Considering his lack of experience on the mat, Merced High wrestler Romeo Ontiveros had a remarkable junior season.
Ontiveros wrestled one season in middle school. He spent his freshman year wrestling junior varsity and his sophomore season was cut short by a staph infection before he could compete at the Sac-Joaquin Section Masters Meet.
Ontiveros seemed to make up for all that, winning five tournament titles, including a Masters championship and qualifying for a berth in the CIF State Championship Meet in Bakersfield.
Ontiveros, who wrestled in the 152-pound division, finished with a 38-6 record to earn the Sun-Star’s Wrestler of the Year honor.
“He’s one of the hardest working kids I know,” said Merced coach Clayton Schneider. “He does everything we ask him to do. He took what we taught him and put it into motion on the mat. He beat kids this year that have been wrestling for 10 years. It shows that hard work can pay off.”
Ontiveros was at his best on the big stage.
He went 5-0 in tournament finals, winning titles at the Curt Mettler Tournament in Elk Grove, the Westside Invitational at Firebaugh, the Gregori Memorial in Modesto, the Central California Conference championships and the Sac-Joaquin Section Masters in Stockton.
This was coming off a sophomore season in which he only made is as fas as the finals at the CCC championships.
With each tournament title, Ontiveros gained more confidence.
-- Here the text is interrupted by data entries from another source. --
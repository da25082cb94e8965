-- ===== src/Server.antt =====
-- class MsgServer of src/task_msg.cpp: the daemon's end of one connection. It reads requests from a
-- ring buffer, hands each to the callback of its event type, and writes one reply.
-- The `void *` of a callback's request and reply is typed by the event that it serves. `U` is the
-- type of the user data, `W` the state of the program that the callbacks change.
pub mod Handlers
pub mod Dispatch
pub mod Replies
pub mod Registry
pub mod Receive
pub mod Fragments
pub mod Unbuffered
pub mod Pipeline
pub mod Proper
pub mod Answered
use task_monitor.Base.{ℕ, Option, none, some, ℤ, ok_code, fail_code}
use task_monitor.Socket.{Socket}
use task_monitor.Ring.{RingBuf}
use task_monitor.Package.{socket_buf_size}
use task_monitor.Json.{Json}
use task_monitor.Msg.{
  EventType, EventErr, HeartbeatReq, HeartbeatRsp, TaskAllRsp, TaskSingleReq, TaskDetailInfo,
  TaskActionReq,
}

-- processEventCb: the code, the reply if one was made, and the state afterwards.
abbrev pub Callback : Type 0 → Type 0 → Type 0 → Type 0 → Type 0
Callback W U Q R = Q → U → W → EventErr × Option R × W

module _ (js : Json) (rb : RingBuf) (W U : Type 0) where
  -- mUserData, by event type.
  pub record UserData : Type 0 where
    pub heartbeat : U
    pub query_all : U
    pub query_task : U
    pub task_action : U

  -- mEventCb, by event type.
  pub record EventCb : Type 0 where
    pub heartbeat : Option (Callback W U (HeartbeatReq js) (HeartbeatRsp js))
    pub query_all : Option (Callback W U (Unit {0}) TaskAllRsp)
    pub query_task : Option (Callback W U TaskSingleReq (TaskDetailInfo js))
    pub task_action : Option (Callback W U TaskActionReq (Unit {0}))

  pub record MsgServer : Type 0 where
    pub ring : rb.Buf
    pub client_fd : Socket
    pub event_cb : EventCb
    pub user_data : UserData

  abbrev pub no_cb : EventCb
  no_cb = record { heartbeat = none; query_all = none; query_task = none; task_action = none }

  -- The constructor. `none` is its exception. It leaves mUserData as the memory was.
  unfoldable pub msg_server : Socket → UserData → Option MsgServer
  msg_server fd garbage = elim (rb.create socket_buf_size) [
    | none ↦ none
    | some ring ↦
        some (record { ring = ring; client_fd = fd; event_cb = no_cb; user_data = garbage })
  ]

  -- What registerEventCb is given: the type and a callback for it.
  abbrev pub CallbackFor : EventType → Type 0
  CallbackFor EventType.heartbeat = Callback W U (HeartbeatReq js) (HeartbeatRsp js)
  CallbackFor EventType.query_all = Callback W U (Unit {0}) TaskAllRsp
  CallbackFor EventType.query_task = Callback W U TaskSingleReq (TaskDetailInfo js)
  CallbackFor EventType.task_action = Callback W U TaskActionReq (Unit {0})
  CallbackFor EventType.max = Unit {0}

  -- `mEventCb[type]`
  abbrev pub cb_at : (t : EventType) → EventCb → Option (CallbackFor t)
  cb_at EventType.heartbeat cbs = cbs.heartbeat
  cb_at EventType.query_all cbs = cbs.query_all
  cb_at EventType.query_task cbs = cbs.query_task
  cb_at EventType.task_action cbs = cbs.task_action
  cb_at EventType.max cbs = none

  set_cb : (t : EventType) → CallbackFor t → EventCb → EventCb
  set_cb EventType.heartbeat cb cbs = record cbs { heartbeat = some cb }
  set_cb EventType.query_all cb cbs = record cbs { query_all = some cb }
  set_cb EventType.query_task cb cbs = record cbs { query_task = some cb }
  set_cb EventType.task_action cb cbs = record cbs { task_action = some cb }
  set_cb EventType.max cb cbs = cbs

  set_user : (t : EventType) → U → UserData → UserData
  set_user EventType.heartbeat u d = record d { heartbeat = u }
  set_user EventType.query_all u d = record d { query_all = u }
  set_user EventType.query_task u d = record d { query_task = u }
  set_user EventType.task_action u d = record d { task_action = u }
  set_user EventType.max u d = d

  install : (t : EventType) → CallbackFor t → U → MsgServer → ℤ × MsgServer
  unfolding set_cb set_user
  install t cb u s = elim (cb_at t s.event_cb) [
    | some old ↦ (fail_code, s)
    | none ↦ (
      ok_code,
      record s { event_cb = set_cb t cb s.event_cb; user_data = set_user t u s.user_data },
    )
  ]

  unfoldable pub register_event_cb : (t : EventType) → CallbackFor t → U → MsgServer → ℤ × MsgServer
  unfolding install
  register_event_cb EventType.max cb u s = (fail_code, s)
  register_event_cb t cb u s = install t cb u s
“I started taking tournaments where last year I was just happy to place,” Ontiveros said. “This year I won my first tournament. I started winning most of my matches and even dominating matches. Making the finals of a tournament became the standard.”
Ontiveros was at his best at Masters, where he upset Kimball’s Trent Nicholson in the second round. That opened the door for his state title run.
Ontiveros knew something of Nicholson because Merced’s Mark Taijeron defeated Nicholson in the Masters final last year.
“Going into Masters I knew I had a tough draw with Nicholson in the second round,” Ontiveros said. “I knew he was going to be tough. My coaches had me working on open shots and keeping my feet moving because Nicholson is tough in tie-ups.”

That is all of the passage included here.